I’ve been having gastro issues from almost 15 years now, initially I was referred to a psychologist because my gp at the time thought I was making it up and that it was all in my head. I was around 10/11 then. Was given aspirin to take every morning before school.. that was my GPS solution back then. 

 

Then I was hospitalised for a recurring infection numerous times (not related .. maybe it was) and was given IV antibiotic therapy on all those occasions. That’s when the problems really began to get more worse than they had been prior to this. Had stool and bloods checked for infections with everything negative. Even had a celiac blood panel done then and a colonoscopy back in 2011- they couldn’t carry the full procedure out because it was too painful for me (I was kept awake) so they never got the opportunity to properly take a look. Fast forward to around 2014 and I had only what I can describe as a flare up- chronically so! 

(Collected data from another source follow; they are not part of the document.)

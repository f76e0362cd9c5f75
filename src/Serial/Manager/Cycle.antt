-- ===== src/Serial/Manager/Cycle.antt =====
-- What becomes of a SerialManager's descriptors and threads, whatever a program does with it.
use p.Common.{
  append-nil, ℕ, ◌≡◌, refl, sym, ap, Bool, true, false, List, [], ◌∷◌, ◌++◌, Option, none, some,
  ◌⊎◌, inl, inr, subst,
}
use p.Serial.Manager.Pairs.{start-Balanced, ends_with-Owes}
use p.Serial.Manager.{
  Creations, Effect, closes, Manager, InitAnswers, InitError, allocated, init, shutdown, dealloc,
  is_running, get_perf_stats,
}
use p.Serial.Manager.States.{
  ends_with, Command, step, life, IsIdle, IsLive, Balanced, Owes, shutdown_idle, shutdown_live,
  shutdown-IsIdle, dealloc-shutdown, start_idle, start_fails, start_live, stats-IsIdle,
  stats-IsLive, starts, shuts_down, asks,
}

life-step :
    (m m' : Manager) (c : Command) (cs : List Command) (es : List Effect)
    → step m c ≡ (m', es)
    → life m (c ∷ cs) ≡ es ++ life m' cs
unfolding life
life-step m m' c cs es e = rw e refl

-- The two states of a life, together.
life_lem :
    (cs : List Command)
    → ((m : Manager) → IsIdle m → Balanced (life m cs))
      × ((fd : ℕ) (c : Creations) (m : Manager) → IsLive fd c m → Owes fd c (life m cs))
life_lem [] = (
  (λ m h. unfold life in rw (dealloc-shutdown m, shutdown_idle m h) (refl, refl, refl)),
  λ fd c m h.
      unfold life in
      rw (dealloc-shutdown m, shutdown_live fd c m h)
        (subst (Owes fd c) (append-nil (ends_with fd c))
          (ends_with-Owes fd c [] (refl, refl, refl))),
)
life_lem (starts none c' ∷ cs) =
    let (idle, live) = life_lem cs in
    (
      (λ m h. rw (life-step m m (starts none c') cs [] (start_fails m c' h)) (idle m h)),
      λ fd c m h.
          rw (life-step m m (starts none c') cs [] (start_live m fd c none c' h)) (live fd c m h),
    )
life_lem (starts (some fd') c' ∷ cs) =
    let (idle, live) = life_lem cs in
    (
      (λ m h.
          let (m', e, h') = start_idle m fd' c' h in
          rw (life-step m m' (starts (some fd') c') cs _ e)
            (start-Balanced fd' c' (life m' cs) (live fd' c' m' h'))),
      λ fd c m h.
          rw (life-step m m (starts (some fd') c') cs [] (start_live m fd c (some fd') c' h))
            (live fd c m h),
    )
life_lem (shuts_down ∷ cs) =
    let (idle, live) = life_lem cs in
    (
      (λ m h.
          rw
            (life-step m (shutdown m).0 shuts_down cs []
              (ap (λ es. ((shutdown m).0, es)) (shutdown_idle m h)))
            (idle (shutdown m).0 (shutdown-IsIdle m))),
      λ fd c m h.
          rw
            (life-step m (shutdown m).0 shuts_down cs _
              (ap (λ es. ((shutdown m).0, es)) (shutdown_live fd c m h)))
            (ends_with-Owes fd c _ (idle (shutdown m).0 (shutdown-IsIdle m))),
    )
life_lem (asks memory ∷ cs) =
    let (idle, live) = life_lem cs in
    (
      (λ m h.
          rw (life-step m (get_perf_stats m memory).0 (asks memory) cs [] refl)
            (idle _ (stats-IsIdle m memory h))),
      λ fd c m h.
          rw (life-step m (get_perf_stats m memory).0 (asks memory) cs [] refl)
            (live fd c _ (stats-IsLive fd c m memory h)),
    )

abbrev answers : Bool → Bool → Bool → Bool → Option (ℕ → ℕ) → InitAnswers
answers p q r t b = record { parsed = p; queue_like = q; port_memory = r; methods = t; block = b }

init-IsIdle :
    (p q r t : Bool) (b : Option (ℕ → ℕ)) (m m' : Manager)
    → init (answers p q r t b) m ≡ (m', none)
    → IsIdle m'
unfolding init
init-IsIdle false q r t b m m' e = cc
init-IsIdle true false r t b m m' e = cc
init-IsIdle true true false t b m m' e = cc
init-IsIdle true true true false b m m' e = cc
init-IsIdle true true true true none m m' e = cc
init-IsIdle true true true true (some content) m m' e =
    subst IsIdle (ap (λ (z : Manager × Option InitError). z.0) e) (record {
      fd = refl;
      alive = refl;
      read_thread = refl;
      write_thread = refl;
      deliver_thread = refl;
    })

-- After an init that succeeds, whatever a program does with start (which may fail to open the
-- port, and whose calls of pthread_create may fail), shutdown and get_perf_stats, and then
-- dealloc: every descriptor that was opened has been closed once, every thread that was created
-- has been joined once, in the order of their creation, and every identifier that is not 0 and
-- was left by a pthread_create that failed has been used once for a join of no thread.
pub life-Balanced :
    (a : InitAnswers) (m m' : Manager) (cs : List Command)
    → init a m ≡ (m', none)
    → Balanced (life m' cs)
life-Balanced a m m' cs e =
    (life_lem cs).0 m' (init-IsIdle a.parsed a.queue_like a.port_memory a.methods a.block m m' e)

init_kept :
    (p q r t : Bool) (b : Option (ℕ → ℕ)) (m : Manager) (x : InitError)
    → init (answers p q r t b) allocated ≡ (m, some x)
    → dealloc m ≡ closes 0 ∷ []
unfolding init dealloc
init_kept false q r t b m x e = rw (← ap (λ (z : Manager × Option InitError). z.0) e) refl
init_kept true false r t b m x e = rw (← ap (λ (z : Manager × Option InitError). z.0) e) refl
init_kept true true false t b m x e = rw (← ap (λ (z : Manager × Option InitError). z.0) e) refl
init_kept true true true false b m x e = rw (← ap (λ (z : Manager × Option InitError). z.0) e) refl
init_kept true true true true none m x e =
    rw (← ap (λ (z : Manager × Option InitError). z.0) e) refl
init_kept true true true true (some content) m x e = cc

-- If init of a newly allocated object fails, for any of its reasons, dealloc closes descriptor 0
-- and does nothing else to descriptors or threads.
pub dealloc-init :
    (a : InitAnswers) (m : Manager) (x : InitError)
    → init a allocated ≡ (m, some x)
    → dealloc m ≡ closes 0 ∷ []
dealloc-init a m x e = init_kept a.parsed a.queue_like a.port_memory a.methods a.block m x e

-- The object after the commands.
unfoldable pub reached : Manager → List Command → Manager
reached m [] = m
reached m (c ∷ cs) = reached (step m c).0 cs

-- One of the commands is this.
abbrev pub Has : Command → List Command → Type 0
Has c [] = ⊥
Has c (c' ∷ cs) = (c ≡ c') ⊎ Has c cs

-- Nothing runs; or is_running returns true, a start of this kind has opened the descriptor, and the
-- identifiers are those that the three calls of pthread_create have left in it.
abbrev pub IsConsistent : (ℕ → Creations → Type 0) → Manager → Type 0
IsConsistent Started m =
    (IsIdle m × (is_running m ≡ false))
    ⊎ ((fd : ℕ) × (c : Creations) × Started fd c × IsLive fd c m × (is_running m ≡ true))

idle_running : (m : Manager) → IsIdle m → is_running m ≡ false
unfolding is_running
idle_running m h = rw (h.alive) refl

live_running : (fd : ℕ) (c : Creations) (m : Manager) → IsLive fd c m → is_running m ≡ true
unfolding is_running
live_running fd c m h = rw (h.alive, h.py_enabled, h.at) refl

settles :
    (S : ℕ → Creations → Type 0) (m m' : Manager) (c : Command) (es : List Effect)
    → step m c ≡ (m', es)
    → IsConsistent S m'
    → IsConsistent S (step m c).0
settles S m m' c es e h = subst (IsConsistent S) (sym (ap (λ (z : Manager × List Effect). z.0) e)) h

now_idle : (S : ℕ → Creations → Type 0) (m : Manager) → IsIdle m → IsConsistent S m
now_idle S m h = inl (h, idle_running m h)

now_live :
    (S : ℕ → Creations → Type 0) (m : Manager) (fd : ℕ) (c : Creations)
    → S fd c
    → IsLive fd c m
    → IsConsistent S m
now_live S m fd c s h = inr (fd, c, s, h, live_running fd c m h)

step-IsConsistent :
    (S : ℕ → Creations → Type 0) (m : Manager) (c : Command)
    → IsConsistent S m
    → ((fd : ℕ) (c' : Creations) → starts (some fd) c' ≡ c → S fd c')
    → IsConsistent S (step m c).0
step-IsConsistent S m (starts none c) (inl h) k =
    settles S m m (starts none c) [] (start_fails m c h.0) (inl h)
step-IsConsistent S m (starts (some fd) c) (inl h) k =
    let (m', e, h') = start_idle m fd c h.0 in
    settles S m m' (starts (some fd) c) _ e (now_live S m' fd c (k fd c refl) h')
step-IsConsistent S m (starts o c') (inr (fd, c, s, h, r)) k =
    settles S m m (starts o c') [] (start_live m fd c o c' h) (inr (fd, c, s, h, r))
step-IsConsistent S m shuts_down h k = now_idle S (shutdown m).0 (shutdown-IsIdle m)
step-IsConsistent S m (asks memory) (inl h) k =
    now_idle S (get_perf_stats m memory).0 (stats-IsIdle m memory h.0)
step-IsConsistent S m (asks memory) (inr (fd, c, s, h, r)) k =
    now_live S (get_perf_stats m memory).0 fd c s (stats-IsLive fd c m memory h)

-- What the commands so far and those to come have started
reached_state :
    (Started : ℕ → Creations → Type 0) (m : Manager) (cs : List Command)
    → IsConsistent Started m
    → ((fd : ℕ) (c : Creations) → Has (starts (some fd) c) cs → Started fd c)
    → IsConsistent Started (reached m cs)
unfolding reached
reached_state S m [] h k = h
reached_state S m (c ∷ cs) h k =
    reached_state S (step m c).0 cs (step-IsConsistent S m c h (λ fd c' e. k fd c' (inl e)))
      (λ fd c' x. k fd c' (inr x))

-- After an init that succeeds and any sequence of start, shutdown and get_perf_stats, either the
-- object has no descriptor and no thread and is_running returns false; or is_running returns
-- true, one of the starts of the sequence has opened the descriptor that the object has, and
-- each of the three identifiers is what pthread_create has left in that start, that of a thread
-- or not.
pub reached-IsConsistent :
    (a : InitAnswers) (m m' : Manager) (cs : List Command)
    → init a m ≡ (m', none)
    → IsConsistent (λ fd c. Has (starts (some fd) c) cs) (reached m' cs)
reached-IsConsistent a m m' cs e =
    let h = init-IsIdle a.parsed a.queue_like a.port_memory a.methods a.block m m' e in
    reached_state (λ fd c. Has (starts (some fd) c) cs) m' cs (inl (h, idle_running m' h))
      (λ fd c x. x)
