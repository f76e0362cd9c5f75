-- ===== src/Serial/Port.antt =====
-- The port on POSIX systems: set_interface_attribs, open_serial_posix, serial_write_posix,
-- serial_read_posix, bytes_available_posix and close_serial_posix of mp_serial_ext.c. What the
-- system answers is an argument.
pub mod Drain
pub mod Open
use p.Common.{
  ℕ, suc, ◌+◌, ◌%◌, ◌^◌, Bool, true, false, List, [], ◌∷◌, ◌++◌, Option, none, some, leb, ◌==◌,
  if◌then◌else◌, ◌>>=◌, length, ℤ, pos, negsuc, to_signed, to_word, ltb_ℤ,
}
use p.Memory.{Buffer, copy_in}

-- (int)n
abbrev pub int_of : ℕ → ℤ
int_of n = to_signed 32 (n % 2 ^ 32)

-- What one call of read answers: at least one byte, 0, or -1 with EINTR, with EAGAIN or
-- EWOULDBLOCK, or with another error.
pub data Read : Type 0 where
  got : ℕ → List ℕ → Read
  end_of_file interrupted would_block broken : Read

-- The loop returns, or it waits for the next answer with `total` bytes in the buffer.
pub data Drained : Type 0 where
  returned : ℤ → Buffer → Drained
  waiting : ℕ → Buffer → Drained

unfoldable pub drain : List Read → ℕ → ℕ → Buffer → Option Drained
drain [] cap total buf = some (waiting total buf)
drain (got x xs ∷ rs) cap total buf = copy_in buf total (x ∷ xs) >>= λ b.
    elim (leb cap (total + suc (length xs))) [
      | true ↦ some (returned (int_of (total + suc (length xs))) b)
      | false ↦ drain rs cap (total + suc (length xs)) b
    ]
drain (end_of_file ∷ rs) cap total buf = some (returned (int_of total) buf)
drain (interrupted ∷ rs) cap total buf = drain rs cap total buf
drain (would_block ∷ rs) cap total buf = some (returned (int_of total) buf)
drain (broken ∷ rs) cap total buf = some (returned (negsuc 0) buf)

unfoldable pub serial_read_posix : List Read → ℕ → Buffer → Option Drained
serial_read_posix answers cap buf =
    if cap == 0 then some (returned (pos 0) buf) else drain answers cap 0 buf

-- What write answers is none where it is negative.
unfoldable pub serial_write_posix : Option ℕ → ℤ
serial_write_posix none = negsuc 0
serial_write_posix (some w) = int_of w

-- Whether the ioctl succeeds, and what it leaves in `avail`.
unfoldable pub bytes_available_posix : Bool → ℤ → ℤ
bytes_available_posix false avail = pos 0
bytes_available_posix true avail = if ltb_ℤ (pos 0) avail then avail else pos 0

pub data Speed : Type 0 where
  b9600 b19200 b38400 b57600 b115200 : Speed

unfoldable pub speed_of : ℕ → Speed
speed_of speed =
    if speed == 9600
    then b9600
    else if speed == 19200
    then b19200
    else if speed == 38400
    then b38400
    else if speed == 57600
    then b57600
    else b115200

-- The fields of termios that are set here: the flags of c_cflag, where csize is the number of data
-- bits, VTIME and VMIN; and IXON and IXOFF of c_iflag, which stay, as the others do, what
-- cfmakeraw leaves.
pub record Termios : Type 0 where
  pub ispeed : Speed
  pub ospeed : Speed
  pub clocal : Bool
  pub cread : Bool
  pub csize : ℕ
  pub parenb : Bool
  pub cstopb : Bool
  pub crtscts : Bool
  pub ixon : Bool
  pub ixoff : Bool
  pub vtime : ℕ
  pub vmin : ℕ

-- What tcgetattr gives, if it succeeds, cfmakeraw, and whether tcsetattr succeeds.
pub record Line : Type 0 where
  pub attributes : Option Termios
  pub make_raw : Termios → Termios
  pub set_ok : Bool

-- The attributes that are given to tcsetattr, and the result 0 or -1.
pub set_interface_attribs : Line → ℕ → Option Termios × ℤ
set_interface_attribs line speed = elim line.attributes [
  | none ↦ (none, negsuc 0)
  | some tty ↦
      let tty' = record (line.make_raw tty) {
        ispeed = speed_of speed;
        ospeed = speed_of speed;
        clocal = true;
        cread = true;
        csize = 8;
        parenb = false;
        cstopb = false;
        crtscts = false;
        vtime = 0;
        vmin = 0;
      } in
      (some tty', if line.set_ok then pos 0 else negsuc 0)
]

pub data PortCall : Type 0 where
  opens closes : ℕ → PortCall
  sets : Termios → PortCall

abbrev set_call : Option Termios → List PortCall
set_call none = []
set_call (some tty) = sets tty ∷ []

-- What open answers is none where it is negative.
pub open_serial_posix : Option ℕ → Line → ℕ → List PortCall × Option ℕ
unfolding set_interface_attribs
open_serial_posix none line baud = ([], none)
open_serial_posix (some fd) line baud =
    let r = set_interface_attribs line baud in
    elim (r.1) [
      | pos n ↦ (opens fd ∷ set_call r.0, some fd)
      | negsuc n ↦ (opens fd ∷ (set_call r.0 ++ (closes fd ∷ [])), none)
    ]

unfoldable pub close_serial_posix : Option ℕ → List PortCall
close_serial_posix none = []
close_serial_posix (some fd) = closes fd ∷ []
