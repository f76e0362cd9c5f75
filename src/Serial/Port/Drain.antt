-- ===== src/Serial/Port/Drain.antt =====
-- What serial_read_posix reads.
use p.Common.{
  ℕ, zero, suc, ◌+◌, ◌-◌, ◌^◌, ◌%◌, ◌≤◌, ◌<◌, ◌≡◌, refl, ap, sym, subst, ◌>>=◌, ◌∙◌, Bool, true,
  false, List, [], ◌∷◌, ◌++◌, Option, some, leb, le→leb, ne→==, gt→leb, lt→ltb, length, arith, ℤ,
  pos, negsuc, append-nil, append_assoc, length-append,
}
use p.Memory.{Buffer, slice, blit}
use p.Memory.Laws.{copy_in_lem, slice-blit_end, slice_cong}
use p.Serial.Port.{
  Read, got, end_of_file, interrupted, would_block, broken, Drained, returned, drain,
  serial_read_posix, int_of,
}

-- No read gives more bytes than it is asked for, where `room` bytes are left.
abbrev pub Fits : ℕ → List Read → Type 0
Fits room [] = Unit {0}
Fits room (got x xs ∷ rs) = (suc (length xs) ≤ room) × Fits (room - suc (length xs)) rs
Fits room (interrupted ∷ rs) = Fits room rs
Fits room (r ∷ rs) = Unit {0}

-- The bytes of the reads until the room is full, or a read gives none
abbrev pub taken : ℕ → List Read → List ℕ
taken zero rs = []
taken (suc room) [] = []
taken (suc room) (got x xs ∷ rs) = (x ∷ xs) ++ taken (room - length xs) rs
taken (suc room) (interrupted ∷ rs) = taken (suc room) rs
taken (suc room) (r ∷ rs) = []

-- Whether an error comes before the room is full
abbrev pub fails : ℕ → List Read → Bool
fails zero rs = false
fails (suc room) [] = false
fails (suc room) (got x xs ∷ rs) = fails (room - length xs) rs
fails (suc room) (interrupted ∷ rs) = fails (suc room) rs
fails (suc room) (broken ∷ rs) = true
fails (suc room) (r ∷ rs) = false

abbrev pub interrupts : List Read → ℕ
interrupts [] = 0
interrupts (interrupted ∷ rs) = suc (interrupts rs)
interrupts (r ∷ rs) = interrupts rs

abbrev pub read_value : Bool → ℕ → ℤ
read_value true n = negsuc 0
read_value false n = pos n

abbrev value : Bool → ℕ → ℤ
value true n = negsuc 0
value false n = int_of n

record Drains (rs : List Read) (cap room total : ℕ) (buf : Buffer) : Type 0 where
  after : Buffer
  run :
      drain rs cap total buf
      ≡ some (returned (value (fails room rs) (total + length (taken room rs))) after)
  kept :
      slice after.cell 0 (total + length (taken room rs)) ≡ slice buf.cell 0 total ++ taken room rs
  bound : length (taken room rs) ≤ room

-- The loop behind a read, when `k` bytes of the buffer are free
record GoesOn (rs : List Read) (cap k total : ℕ) (buf : Buffer) : Type 0 where
  after : Buffer
  run :
      (elim (leb cap total) [
        | true ↦ some (returned (int_of total) buf)
        | false ↦ drain rs cap total buf
      ])
      ≡ some (returned (value (fails k rs) (total + length (taken k rs))) after)
  kept : slice after.cell 0 (total + length (taken k rs)) ≡ slice buf.cell 0 total ++ taken k rs
  bound : length (taken k rs) ≤ k

nothing_kept :
    (buf : Buffer) (total : ℕ) → slice buf.cell 0 (total + 0) ≡ slice buf.cell 0 total ++ []
nothing_kept buf total =
    slice_cong buf.cell refl (omega arith) ∙ sym (append-nil (slice buf.cell 0 total))

nothing_added :
    (e : Bool) (total : ℕ) (buf : Buffer)
    → ◌≡◌ {A = Option Drained}
        (some (returned (value e total) buf))
        (some (returned (value e (total + 0)) buf))
nothing_added e total buf = ap (λ n. some (returned (value e n) buf)) (omega arith)

goes_on :
    (k : ℕ) (rs : List Read) (cap total : ℕ) (buf : Buffer)
    → total + k ≡ cap
    → ((room : ℕ) → k ≡ suc room → Drains rs cap (suc room) total buf)
    → GoesOn rs cap k total buf
goes_on zero rs cap total buf sum next = record {
  after = buf;
  run = rw (le→leb cap total (omega arith)) (nothing_added false total buf);
  kept = nothing_kept buf total;
  bound = omega arith;
}
goes_on (suc room) rs cap total buf sum next =
    let d = next room refl in
    record {
      after = d.after;
      run = rw (gt→leb cap total (omega arith)) d.run;
      kept = d.kept;
      bound = d.bound;
    }

got_lem :
    (x : ℕ) (xs : List ℕ) (rs : List Read) (cap room total : ℕ) (buf : Buffer)
    → total + suc room ≡ cap
    → cap ≤ buf.size
    → length xs ≤ room
    → GoesOn rs cap
        (room - length xs)
        (total + suc (length xs))
        (record buf { cell = blit buf.cell total (x ∷ xs) })
    → Drains (got x xs ∷ rs) cap (suc room) total buf
unfolding drain
got_lem x xs rs cap room total buf sum size fits g = record {
  after = g.after;
  run =
      rw (copy_in_lem buf total (x ∷ xs) (omega arith), ◌>>=◌)
        (g.run ∙ ap (λ n. some (returned (value (fails (room - length xs) rs) n) g.after)) count);
  kept =
      slice_cong g.after.cell refl (sym count)
      ∙ g.kept
      ∙ ap (λ l. l ++ taken (room - length xs) rs) written
      ∙ append_assoc (slice buf.cell 0 total) (x ∷ xs) (taken (room - length xs) rs);
  bound = omega (arith, length-append (x ∷ xs) (taken (room - length xs) rs), g.bound);
}
  where
    count :
        total + suc (length xs) + length (taken (room - length xs) rs)
        ≡ total + length ((x ∷ xs) ++ taken (room - length xs) rs)
    count = omega (arith, length-append (x ∷ xs) (taken (room - length xs) rs))

    written :
        slice (blit buf.cell total (x ∷ xs)) 0 (total + suc (length xs))
        ≡ slice buf.cell 0 total ++ (x ∷ xs)
    written =
        ap (λ k. slice (blit buf.cell k (x ∷ xs)) 0 (total + suc (length xs))) (omega arith)
        ∙ slice-blit_end buf.cell 0 total (x ∷ xs)

drain_lem :
    (rs : List Read) (cap room total : ℕ) (buf : Buffer)
    → total + suc room ≡ cap
    → cap ≤ buf.size
    → Fits (suc room) rs
    → suc room + interrupts rs ≤ length rs
    → Drains rs cap (suc room) total buf
unfolding drain
drain_lem [] cap room total buf sum size fits enough = absurd (omega arith)
drain_lem (interrupted ∷ rs) cap room total buf sum size fits enough =
    let d = drain_lem rs cap room total buf sum size fits (omega arith) in
    record { after = d.after; run = d.run; kept = d.kept; bound = d.bound }
drain_lem (end_of_file ∷ rs) cap room total buf sum size fits enough = record {
  after = buf;
  run = nothing_added false total buf;
  kept = nothing_kept buf total;
  bound = omega arith;
}
drain_lem (would_block ∷ rs) cap room total buf sum size fits enough = record {
  after = buf;
  run = nothing_added false total buf;
  kept = nothing_kept buf total;
  bound = omega arith;
}
drain_lem (broken ∷ rs) cap room total buf sum size fits enough = record {
  after = buf;
  run = refl;
  kept = nothing_kept buf total;
  bound = omega arith;
}
drain_lem (got x xs ∷ rs) cap room total buf sum size fits enough =
    got_lem x xs rs cap room total buf sum size (omega (arith, fits.0)) (
      goes_on (room - length xs) rs cap (total + suc (length xs)) _ (omega (arith, fits.0))
        (λ room' e.
          drain_lem rs cap room' (total + suc (length xs)) _ (omega (arith, fits.0)) size
            (subst (λ k. Fits k rs) (omega (arith, e)) fits.1) (omega (arith, fits.0))))

-- The call returns, and the bytes read are at the start of the buffer.
pub record ReadsAll (rs : List Read) (cap : ℕ) (buf : Buffer) : Type 0 where
  pub after : Buffer
  pub returns :
      serial_read_posix rs cap buf
      ≡ some (returned (read_value (fails cap rs) (length (taken cap rs))) after)
  pub there : slice after.cell 0 (length (taken cap rs)) ≡ taken cap rs

int_of-small : (e : Bool) (n : ℕ) → n < 2 ^ 31 → value e (0 + n) ≡ read_value e n
int_of-small true n h = refl
int_of-small false n h =
    rw (lt→ltb ((0 + n) % 2 ^ 32) (2 ^ 31) (omega arith)) (ap pos (omega arith))

-- If no read gives more than it is asked for, and the reads answer as often as the capacity and
-- the interrupts together, then serial_read_posix returns, without a fault, with the bytes of
-- the reads up to the capacity, or up to the first read that gives none, at the start of the
-- buffer. The result is their number, or -1 if that read fails with an error. The capacity is
-- positive, below 2 ^ 31 and not beyond the buffer.
pub serial_read_posix-drains :
    (rs : List Read) (cap : ℕ) (buf : Buffer)
    → 0 < cap
    → cap < 2 ^ 31
    → cap ≤ buf.size
    → Fits cap rs
    → cap + interrupts rs ≤ length rs
    → ReadsAll rs cap buf
unfolding serial_read_posix
serial_read_posix-drains rs zero buf some_room small size fits enough = absurd (omega arith)
serial_read_posix-drains rs (suc room) buf some_room small size fits enough =
    let d = drain_lem rs (suc room) room 0 buf (omega arith) size fits enough in
    record {
      after = d.after;
      returns =
          drains
          ∙ d.run
          ∙ ap (λ z. some (returned z d.after))
              (int_of-small (fails (suc room) rs) (length (taken (suc room) rs))
                (omega (arith, d.bound)));
      there = slice_cong d.after.cell refl (omega arith) ∙ d.kept;
    }
  where
    drains : serial_read_posix rs (suc room) buf ≡ drain rs (suc room) 0 buf
    drains = rw (ne→== (suc room) 0 (omega arith), serial_read_posix) refl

In 2014 was when things got REALLY bad, I came down with unexplained Loose stools, intense stomach pain (like knives being twisted) it was so bad that I was in bed for a week, doctor ran stool tests and they detected microscopic traces of blood.. he then tested for h. Pylori (3 times) and they all came back negative, so he just put it down to gastritis. Since then i have these types of flare ups most months. 

 

He offered no more help and so I decided to cut out gluten for the second time since 2011.. it was successful, my bloating pretty much vanished, I started having normal bowel movements my skin was immaculate and cramping was non existent- I also lost about a stone just by cutting out the gluten. Then I went to my GP and my local nurse and both told me to start eating gluten foods again - because I wasn’t celiac so I had no good reason to cut it out and could cause deficiency. However prior to me cutting gluten out, I had tested shockingly low in b12, vitamin D and was close to becoming anemic.

As soon as I cut the gluten out all those blood levels started to gradually restore themselves months after cutting gluten out..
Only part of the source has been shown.